Required action: Filter by the string "sends": return the lines of the material that contain it.

### Listed entries ###

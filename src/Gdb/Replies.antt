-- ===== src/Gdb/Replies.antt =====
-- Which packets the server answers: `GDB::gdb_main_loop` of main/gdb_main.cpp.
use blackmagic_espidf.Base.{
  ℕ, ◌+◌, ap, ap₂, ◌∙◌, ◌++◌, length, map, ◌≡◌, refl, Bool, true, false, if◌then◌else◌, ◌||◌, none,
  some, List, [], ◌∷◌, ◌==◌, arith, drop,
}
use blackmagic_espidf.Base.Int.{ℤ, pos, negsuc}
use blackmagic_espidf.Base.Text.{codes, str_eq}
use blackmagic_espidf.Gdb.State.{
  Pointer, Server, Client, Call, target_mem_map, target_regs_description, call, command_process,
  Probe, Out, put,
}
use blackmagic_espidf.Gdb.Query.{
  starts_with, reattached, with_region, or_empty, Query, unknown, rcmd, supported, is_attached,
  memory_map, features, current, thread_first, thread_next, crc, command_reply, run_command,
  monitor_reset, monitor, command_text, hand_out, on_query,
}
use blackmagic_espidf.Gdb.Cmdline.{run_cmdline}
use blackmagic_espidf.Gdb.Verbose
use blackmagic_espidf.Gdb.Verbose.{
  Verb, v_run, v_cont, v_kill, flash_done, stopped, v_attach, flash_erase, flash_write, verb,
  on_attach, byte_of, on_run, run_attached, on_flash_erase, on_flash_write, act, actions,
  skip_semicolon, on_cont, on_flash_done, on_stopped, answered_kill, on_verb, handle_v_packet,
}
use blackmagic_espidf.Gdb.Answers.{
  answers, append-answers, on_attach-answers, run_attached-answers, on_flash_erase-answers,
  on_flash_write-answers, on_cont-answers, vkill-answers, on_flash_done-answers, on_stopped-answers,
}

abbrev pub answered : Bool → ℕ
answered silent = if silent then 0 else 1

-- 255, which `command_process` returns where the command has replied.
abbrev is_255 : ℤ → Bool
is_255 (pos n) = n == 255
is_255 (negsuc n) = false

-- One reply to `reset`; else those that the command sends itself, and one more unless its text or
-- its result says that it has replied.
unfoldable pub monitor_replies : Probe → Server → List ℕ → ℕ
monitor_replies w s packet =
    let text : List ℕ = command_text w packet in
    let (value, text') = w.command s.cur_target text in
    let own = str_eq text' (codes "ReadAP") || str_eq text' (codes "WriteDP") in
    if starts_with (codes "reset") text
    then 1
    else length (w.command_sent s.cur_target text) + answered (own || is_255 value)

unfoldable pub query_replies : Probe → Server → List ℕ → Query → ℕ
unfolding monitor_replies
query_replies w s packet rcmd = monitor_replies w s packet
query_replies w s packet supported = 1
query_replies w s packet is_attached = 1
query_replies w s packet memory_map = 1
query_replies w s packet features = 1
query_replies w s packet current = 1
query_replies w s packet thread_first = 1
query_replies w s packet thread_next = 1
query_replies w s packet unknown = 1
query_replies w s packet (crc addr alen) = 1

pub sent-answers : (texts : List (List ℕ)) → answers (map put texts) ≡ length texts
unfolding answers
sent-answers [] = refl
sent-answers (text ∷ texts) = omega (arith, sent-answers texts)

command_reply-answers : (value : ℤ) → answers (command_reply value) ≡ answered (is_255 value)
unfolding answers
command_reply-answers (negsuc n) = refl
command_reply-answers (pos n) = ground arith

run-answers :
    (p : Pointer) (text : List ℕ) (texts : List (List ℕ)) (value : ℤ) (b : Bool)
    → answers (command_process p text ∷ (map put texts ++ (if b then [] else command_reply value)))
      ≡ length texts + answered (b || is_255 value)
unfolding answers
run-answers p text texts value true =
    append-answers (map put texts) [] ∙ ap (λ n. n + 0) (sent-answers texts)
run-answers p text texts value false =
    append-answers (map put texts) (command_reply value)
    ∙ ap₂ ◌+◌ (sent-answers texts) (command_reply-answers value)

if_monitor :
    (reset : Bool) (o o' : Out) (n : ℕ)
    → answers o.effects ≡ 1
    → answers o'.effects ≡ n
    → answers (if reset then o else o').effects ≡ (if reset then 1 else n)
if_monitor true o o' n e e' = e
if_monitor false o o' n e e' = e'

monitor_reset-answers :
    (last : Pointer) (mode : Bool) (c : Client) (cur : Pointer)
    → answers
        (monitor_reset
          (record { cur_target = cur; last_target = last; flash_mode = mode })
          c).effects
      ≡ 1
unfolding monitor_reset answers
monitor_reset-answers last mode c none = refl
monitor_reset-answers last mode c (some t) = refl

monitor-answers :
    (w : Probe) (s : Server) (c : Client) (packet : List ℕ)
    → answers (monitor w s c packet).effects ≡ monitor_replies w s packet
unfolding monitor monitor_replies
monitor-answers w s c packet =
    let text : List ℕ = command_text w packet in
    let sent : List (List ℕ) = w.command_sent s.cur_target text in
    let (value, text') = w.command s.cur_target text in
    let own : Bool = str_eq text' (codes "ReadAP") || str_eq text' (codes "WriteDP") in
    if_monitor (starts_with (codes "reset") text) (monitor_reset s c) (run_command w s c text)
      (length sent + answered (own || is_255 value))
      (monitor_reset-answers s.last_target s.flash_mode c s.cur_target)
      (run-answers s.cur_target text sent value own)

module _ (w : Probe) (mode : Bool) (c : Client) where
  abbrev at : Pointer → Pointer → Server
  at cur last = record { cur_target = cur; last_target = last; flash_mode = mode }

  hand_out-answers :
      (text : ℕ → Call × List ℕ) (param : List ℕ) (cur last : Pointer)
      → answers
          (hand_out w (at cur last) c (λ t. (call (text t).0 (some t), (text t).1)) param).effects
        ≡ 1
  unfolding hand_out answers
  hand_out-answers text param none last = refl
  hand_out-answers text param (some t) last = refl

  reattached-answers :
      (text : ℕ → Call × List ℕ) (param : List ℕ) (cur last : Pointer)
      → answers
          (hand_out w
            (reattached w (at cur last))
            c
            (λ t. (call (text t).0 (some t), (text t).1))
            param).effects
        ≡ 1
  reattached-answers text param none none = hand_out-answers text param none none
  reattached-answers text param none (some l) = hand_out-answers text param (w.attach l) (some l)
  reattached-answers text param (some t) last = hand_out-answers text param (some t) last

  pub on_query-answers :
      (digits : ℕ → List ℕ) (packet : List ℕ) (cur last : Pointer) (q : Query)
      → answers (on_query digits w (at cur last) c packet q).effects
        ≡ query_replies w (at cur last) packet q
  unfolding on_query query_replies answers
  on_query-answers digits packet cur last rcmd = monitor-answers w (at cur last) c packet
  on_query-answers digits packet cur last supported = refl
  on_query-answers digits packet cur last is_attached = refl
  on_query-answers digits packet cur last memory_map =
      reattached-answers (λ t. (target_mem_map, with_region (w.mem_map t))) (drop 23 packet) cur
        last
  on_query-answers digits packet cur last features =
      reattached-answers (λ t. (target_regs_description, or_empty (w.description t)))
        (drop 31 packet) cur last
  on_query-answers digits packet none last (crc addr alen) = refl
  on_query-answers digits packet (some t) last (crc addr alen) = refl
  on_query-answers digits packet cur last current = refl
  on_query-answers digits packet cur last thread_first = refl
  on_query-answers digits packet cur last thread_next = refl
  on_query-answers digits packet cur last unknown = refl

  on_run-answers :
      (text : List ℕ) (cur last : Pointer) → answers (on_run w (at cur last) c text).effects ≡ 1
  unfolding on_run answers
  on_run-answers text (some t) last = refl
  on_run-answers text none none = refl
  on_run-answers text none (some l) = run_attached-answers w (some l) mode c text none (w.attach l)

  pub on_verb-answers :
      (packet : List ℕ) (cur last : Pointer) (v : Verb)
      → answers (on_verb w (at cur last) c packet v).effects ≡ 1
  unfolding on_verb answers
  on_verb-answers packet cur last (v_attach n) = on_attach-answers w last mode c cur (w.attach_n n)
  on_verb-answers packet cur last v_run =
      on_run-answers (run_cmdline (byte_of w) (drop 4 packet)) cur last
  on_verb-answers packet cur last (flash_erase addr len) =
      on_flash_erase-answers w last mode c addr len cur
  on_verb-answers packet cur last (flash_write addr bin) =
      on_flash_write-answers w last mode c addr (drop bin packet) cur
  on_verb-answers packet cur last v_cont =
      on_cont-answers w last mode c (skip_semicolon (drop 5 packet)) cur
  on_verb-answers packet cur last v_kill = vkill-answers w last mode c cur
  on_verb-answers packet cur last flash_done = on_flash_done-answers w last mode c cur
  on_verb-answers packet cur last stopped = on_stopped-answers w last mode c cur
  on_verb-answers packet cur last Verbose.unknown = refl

###
### Listed entries ###

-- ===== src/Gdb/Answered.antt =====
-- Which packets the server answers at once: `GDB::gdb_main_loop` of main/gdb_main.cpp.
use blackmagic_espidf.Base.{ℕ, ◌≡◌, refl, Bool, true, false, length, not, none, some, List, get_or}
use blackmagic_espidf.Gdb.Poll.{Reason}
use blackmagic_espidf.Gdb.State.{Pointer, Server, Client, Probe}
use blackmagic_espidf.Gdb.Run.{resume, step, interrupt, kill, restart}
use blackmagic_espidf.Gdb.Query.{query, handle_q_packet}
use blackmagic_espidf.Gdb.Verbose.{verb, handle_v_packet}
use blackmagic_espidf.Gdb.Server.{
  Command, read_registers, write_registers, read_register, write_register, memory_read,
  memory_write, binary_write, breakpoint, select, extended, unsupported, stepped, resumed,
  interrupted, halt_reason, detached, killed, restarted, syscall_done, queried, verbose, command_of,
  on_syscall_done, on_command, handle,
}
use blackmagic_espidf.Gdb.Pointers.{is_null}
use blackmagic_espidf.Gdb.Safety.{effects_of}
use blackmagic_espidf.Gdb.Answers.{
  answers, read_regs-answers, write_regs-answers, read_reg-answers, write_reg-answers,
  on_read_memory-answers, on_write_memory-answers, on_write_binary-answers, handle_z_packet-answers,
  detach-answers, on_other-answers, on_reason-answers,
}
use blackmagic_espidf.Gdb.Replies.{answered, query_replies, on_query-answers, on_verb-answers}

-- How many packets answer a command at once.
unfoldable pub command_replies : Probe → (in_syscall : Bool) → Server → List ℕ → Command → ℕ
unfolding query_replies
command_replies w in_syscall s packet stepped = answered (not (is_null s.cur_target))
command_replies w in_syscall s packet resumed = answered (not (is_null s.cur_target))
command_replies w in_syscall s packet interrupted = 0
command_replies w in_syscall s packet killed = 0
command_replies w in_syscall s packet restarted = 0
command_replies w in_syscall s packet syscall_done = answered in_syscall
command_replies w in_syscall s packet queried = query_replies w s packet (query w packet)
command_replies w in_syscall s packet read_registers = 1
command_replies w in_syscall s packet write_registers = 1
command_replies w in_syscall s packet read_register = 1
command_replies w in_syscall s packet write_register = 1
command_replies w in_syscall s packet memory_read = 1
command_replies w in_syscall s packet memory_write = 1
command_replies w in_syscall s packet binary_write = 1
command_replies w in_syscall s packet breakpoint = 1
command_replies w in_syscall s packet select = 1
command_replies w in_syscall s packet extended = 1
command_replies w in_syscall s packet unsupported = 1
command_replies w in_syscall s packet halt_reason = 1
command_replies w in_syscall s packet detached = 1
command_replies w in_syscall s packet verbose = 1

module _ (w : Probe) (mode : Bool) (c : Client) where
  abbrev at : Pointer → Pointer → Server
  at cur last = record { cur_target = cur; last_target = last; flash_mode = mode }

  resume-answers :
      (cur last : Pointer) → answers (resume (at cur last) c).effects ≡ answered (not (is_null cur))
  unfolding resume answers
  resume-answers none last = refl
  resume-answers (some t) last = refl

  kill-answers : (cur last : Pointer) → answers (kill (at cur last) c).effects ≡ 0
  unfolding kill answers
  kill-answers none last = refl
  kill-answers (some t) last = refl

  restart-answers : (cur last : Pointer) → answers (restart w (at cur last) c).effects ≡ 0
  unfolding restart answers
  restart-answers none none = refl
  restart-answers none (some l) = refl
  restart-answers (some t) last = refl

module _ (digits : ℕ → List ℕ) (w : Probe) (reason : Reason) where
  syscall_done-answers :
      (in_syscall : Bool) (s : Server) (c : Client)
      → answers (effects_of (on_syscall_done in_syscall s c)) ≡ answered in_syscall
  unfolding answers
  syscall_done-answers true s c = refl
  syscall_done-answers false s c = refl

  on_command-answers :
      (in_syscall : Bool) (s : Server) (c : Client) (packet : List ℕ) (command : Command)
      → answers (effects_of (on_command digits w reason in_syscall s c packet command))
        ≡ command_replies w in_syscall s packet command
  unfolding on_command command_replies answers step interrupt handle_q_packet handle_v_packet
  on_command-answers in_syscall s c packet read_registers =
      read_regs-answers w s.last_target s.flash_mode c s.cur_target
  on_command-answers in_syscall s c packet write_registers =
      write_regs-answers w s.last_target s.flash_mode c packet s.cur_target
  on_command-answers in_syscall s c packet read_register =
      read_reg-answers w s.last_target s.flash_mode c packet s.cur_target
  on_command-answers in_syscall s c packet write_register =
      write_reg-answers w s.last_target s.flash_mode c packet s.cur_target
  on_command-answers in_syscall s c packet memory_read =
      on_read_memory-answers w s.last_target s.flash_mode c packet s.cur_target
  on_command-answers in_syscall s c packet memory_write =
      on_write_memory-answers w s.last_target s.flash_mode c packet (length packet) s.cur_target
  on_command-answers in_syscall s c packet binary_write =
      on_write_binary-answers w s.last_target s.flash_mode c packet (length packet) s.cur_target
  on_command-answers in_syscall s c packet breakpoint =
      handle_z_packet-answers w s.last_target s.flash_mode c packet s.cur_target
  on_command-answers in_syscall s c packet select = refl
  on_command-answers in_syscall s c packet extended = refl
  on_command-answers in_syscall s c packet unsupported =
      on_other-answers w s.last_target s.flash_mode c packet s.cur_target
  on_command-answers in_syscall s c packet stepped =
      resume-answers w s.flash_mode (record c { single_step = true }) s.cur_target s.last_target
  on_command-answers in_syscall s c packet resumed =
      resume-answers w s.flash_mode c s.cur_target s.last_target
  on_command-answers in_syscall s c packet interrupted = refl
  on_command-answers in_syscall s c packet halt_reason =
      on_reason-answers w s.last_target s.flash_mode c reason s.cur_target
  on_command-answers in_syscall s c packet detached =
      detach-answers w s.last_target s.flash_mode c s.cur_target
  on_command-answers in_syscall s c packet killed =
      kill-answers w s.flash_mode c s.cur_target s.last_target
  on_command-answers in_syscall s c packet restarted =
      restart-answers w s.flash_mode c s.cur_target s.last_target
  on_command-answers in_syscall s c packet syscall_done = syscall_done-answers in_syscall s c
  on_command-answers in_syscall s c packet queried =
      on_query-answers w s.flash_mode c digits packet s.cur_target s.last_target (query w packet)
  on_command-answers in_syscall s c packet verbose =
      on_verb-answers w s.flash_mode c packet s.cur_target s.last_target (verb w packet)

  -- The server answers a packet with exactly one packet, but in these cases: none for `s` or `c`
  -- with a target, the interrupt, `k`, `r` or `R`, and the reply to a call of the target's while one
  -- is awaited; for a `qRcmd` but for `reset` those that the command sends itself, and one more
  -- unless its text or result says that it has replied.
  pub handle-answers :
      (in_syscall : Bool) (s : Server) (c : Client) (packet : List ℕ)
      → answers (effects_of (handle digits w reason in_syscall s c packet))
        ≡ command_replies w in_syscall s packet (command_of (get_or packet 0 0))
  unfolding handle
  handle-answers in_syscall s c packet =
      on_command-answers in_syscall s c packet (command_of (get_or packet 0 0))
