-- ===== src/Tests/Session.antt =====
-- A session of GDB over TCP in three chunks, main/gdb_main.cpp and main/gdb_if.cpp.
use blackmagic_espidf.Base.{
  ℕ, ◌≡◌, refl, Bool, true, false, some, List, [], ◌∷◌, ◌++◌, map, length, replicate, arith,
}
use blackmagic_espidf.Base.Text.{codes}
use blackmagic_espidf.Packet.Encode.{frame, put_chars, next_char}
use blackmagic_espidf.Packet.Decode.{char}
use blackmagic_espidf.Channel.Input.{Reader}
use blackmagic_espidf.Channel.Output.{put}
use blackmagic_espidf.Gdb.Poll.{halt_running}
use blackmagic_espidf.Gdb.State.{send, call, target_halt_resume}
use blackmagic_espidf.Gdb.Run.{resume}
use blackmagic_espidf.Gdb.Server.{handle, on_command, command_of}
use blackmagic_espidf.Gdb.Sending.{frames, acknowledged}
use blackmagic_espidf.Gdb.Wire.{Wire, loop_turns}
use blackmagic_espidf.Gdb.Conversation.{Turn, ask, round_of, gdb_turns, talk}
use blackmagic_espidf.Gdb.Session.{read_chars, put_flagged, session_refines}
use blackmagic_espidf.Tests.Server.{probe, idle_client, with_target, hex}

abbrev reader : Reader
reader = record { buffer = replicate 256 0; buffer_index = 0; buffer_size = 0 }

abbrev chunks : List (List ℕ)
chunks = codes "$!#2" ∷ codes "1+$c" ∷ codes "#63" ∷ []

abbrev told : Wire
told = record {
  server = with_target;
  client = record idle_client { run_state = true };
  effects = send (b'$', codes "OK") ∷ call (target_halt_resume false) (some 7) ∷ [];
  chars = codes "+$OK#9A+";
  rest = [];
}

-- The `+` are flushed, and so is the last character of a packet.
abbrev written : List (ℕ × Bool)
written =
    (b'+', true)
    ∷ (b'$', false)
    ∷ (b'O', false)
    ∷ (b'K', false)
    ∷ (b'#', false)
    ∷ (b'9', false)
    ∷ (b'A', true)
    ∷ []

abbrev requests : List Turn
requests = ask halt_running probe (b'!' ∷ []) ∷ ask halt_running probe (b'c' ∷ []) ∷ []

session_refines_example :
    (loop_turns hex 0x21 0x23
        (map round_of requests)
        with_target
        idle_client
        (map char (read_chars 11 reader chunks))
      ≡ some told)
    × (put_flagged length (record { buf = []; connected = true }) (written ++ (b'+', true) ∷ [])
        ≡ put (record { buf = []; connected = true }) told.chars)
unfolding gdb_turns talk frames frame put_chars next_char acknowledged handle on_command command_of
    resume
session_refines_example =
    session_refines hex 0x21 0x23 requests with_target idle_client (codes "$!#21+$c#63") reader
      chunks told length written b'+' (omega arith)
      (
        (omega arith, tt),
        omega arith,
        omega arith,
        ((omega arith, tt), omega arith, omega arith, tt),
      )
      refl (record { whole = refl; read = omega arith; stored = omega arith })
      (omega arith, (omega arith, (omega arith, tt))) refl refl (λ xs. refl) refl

###

Answer for the task:
-- One reply to `reset`; else those that the command sends itself, and one more unless its text or
  -- is awaited; for a `qRcmd` but for `reset` those that the command sends itself, and one more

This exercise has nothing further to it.